Directions for this task -
Will you write out all the entries below exactly?

Saved data entries
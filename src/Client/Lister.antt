-- ===== src/Client/Lister.antt =====
-- pkg/client/listers/athenz/v1/athenzdomain.go. The indexer is what GetByKey answers and the objects
-- for which cache.ListAll calls its function.
use k8s_athenz_syncer.Common.{◌≡◌, refl, Option, none, some, List, [], ◌∷◌, Bytes}
use k8s_athenz_syncer.Go.{Go, ret, panic}
use k8s_athenz_syncer.Go
use k8s_athenz_syncer.Cluster.{
  GoError, not_found, Result, ok, err, AthenzDomain, Object, athenz_domain, tombstone, other,
  Caches,
}
use k8s_athenz_syncer.CrUtil.{Found, get_cr_by_name, cast_found}

-- A type assertion without its second result.
assert_domain : Object → Go AthenzDomain
assert_domain (athenz_domain object) = ret object
assert_domain _ = panic

assert_all : List Object → Go (List AthenzDomain)
unfolding assert_domain
assert_all [] = ret []
assert_all (object ∷ rest) =
    Go.◌>>=◌ (assert_domain object) λ first. Go.◌>>=◌ (assert_all rest) λ later. ret (first ∷ later)

-- List: the selected objects and the error of ListAll.
unfoldable pub list_lister : List Object → Option GoError → Go (List AthenzDomain × Option GoError)
unfolding assert_all
list_lister selected error = Go.◌>>=◌ (assert_all selected) λ found. ret (found, error)

cast_lister : Option Object → Go (Result AthenzDomain)
unfolding assert_domain
cast_lister none = ret (err not_found)
cast_lister (some object) = Go.◌>>=◌ (assert_domain object) λ a. ret (ok a)

-- Get.
unfoldable pub get_lister : (Bytes → Result (Option Object)) → Bytes → Go (Result AthenzDomain)
unfolding cast_lister
get_lister get_by_key name = elim (get_by_key name) [
  | ok found ↦ cast_lister found
  | err e ↦ ret (err e)
]

-- What GetCRByName finds, in the lister's terms: a resource, not found, or a panic where GetCRByName
-- has an error.
abbrev pub as_listed : Found → Go (Result AthenzDomain)
as_listed found = elim found.error [
  | some e ↦ panic
  | none ↦ elim found.object [ some a ↦ ret (ok a) | none ↦ ret (err not_found) ]
]

cast_lister-cast_found :
    (cached : Option Object) → cast_lister cached ≡ as_listed (cast_found cached)
unfolding cast_lister cast_found assert_domain
cast_lister-cast_found none = refl
cast_lister-cast_found (some (athenz_domain a)) = refl
cast_lister-cast_found (some (tombstone o)) = refl
cast_lister-cast_found (some other) = refl

-- Over the same cache the lister's Get and GetCRByName of CRUtil find the same: the resource, or
-- nothing; an object of another type is an error of GetCRByName and a panic of the lister.
pub get_lister-get_cr_by_name :
    (caches : Caches) (name : Bytes)
    → get_lister (λ key. ok (caches.cr_by_key key)) name ≡ as_listed (get_cr_by_name caches name)
unfolding get_lister get_cr_by_name
get_lister-get_cr_by_name caches name = cast_lister-cast_found (caches.cr_by_key name)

Exercise output -
filename src/Client/Lister.antt
-- ===== src/Client/Lister.antt =====
-- pkg/client/listers/athenz/v1/athenzdomain.go. The indexer is what GetByKey answers and the objects
-- for which cache.ListAll calls its function.
use k8s_athenz_syncer.Common.{◌≡◌, refl, Option, none, some, List, [], ◌∷◌, Bytes}
use k8s_athenz_syncer.Go.{Go, ret, panic}
use k8s_athenz_syncer.Go
use k8s_athenz_syncer.Cluster.{
  GoError, not_found, Result, ok, err, AthenzDomain, Object, athenz_domain, tombstone, other,
  Caches,
}
use k8s_athenz_syncer.CrUtil.{Found, get_cr_by_name, cast_found}

-- A type assertion without its second result.
assert_domain : Object → Go AthenzDomain
assert_domain (athenz_domain object) = ret object
assert_domain _ = panic

assert_all : List Object → Go (List AthenzDomain)
unfolding assert_domain
assert_all [] = ret []
assert_all (object ∷ rest) =
    Go.◌>>=◌ (assert_domain object) λ first. Go.◌>>=◌ (assert_all rest) λ later. ret (first ∷ later)

-- List: the selected objects and the error of ListAll.
unfoldable pub list_lister : List Object → Option GoError → Go (List AthenzDomain × Option GoError)
unfolding assert_all
list_lister selected error = Go.◌>>=◌ (assert_all selected) λ found. ret (found, error)

cast_lister : Option Object → Go (Result AthenzDomain)
unfolding assert_domain
cast_lister none = ret (err not_found)
cast_lister (some object) = Go.◌>>=◌ (assert_domain object) λ a. ret (ok a)

-- Get.
unfoldable pub get_lister : (Bytes → Result (Option Object)) → Bytes → Go (Result AthenzDomain)
unfolding cast_lister
get_lister get_by_key name = elim (get_by_key name) [
  | ok found ↦ cast_lister found
  | err e ↦ ret (err e)
]

-- What GetCRByName finds, in the lister's terms: a resource, not found, or a panic where GetCRByName
-- has an error.
abbrev pub as_listed : Found → Go (Result AthenzDomain)
as_listed found = elim found.error [
  | some e ↦ panic
  | none ↦ elim found.object [ some a ↦ ret (ok a) | none ↦ ret (err not_found) ]
]

cast_lister-cast_found :
    (cached : Option Object) → cast_lister cached ≡ as_listed (cast_found cached)
unfolding cast_lister cast_found assert_domain
cast_lister-cast_found none = refl
cast_lister-cast_found (some (athenz_domain a)) = refl
cast_lister-cast_found (some (tombstone o)) = refl
cast_lister-cast_found (some other) = refl

-- Over the same cache the lister's Get and GetCRByName of CRUtil find the same: the resource, or
-- nothing; an object of another type is an error of GetCRByName and a panic of the lister.
pub get_lister-get_cr_by_name :
    (caches : Caches) (name : Bytes)
    → get_lister (λ key. ok (caches.cr_by_key key)) name ≡ as_listed (get_cr_by_name caches name)
unfolding get_lister get_cr_by_name
get_lister-get_cr_by_name caches name = cast_lister-cast_found (caches.cr_by_key name)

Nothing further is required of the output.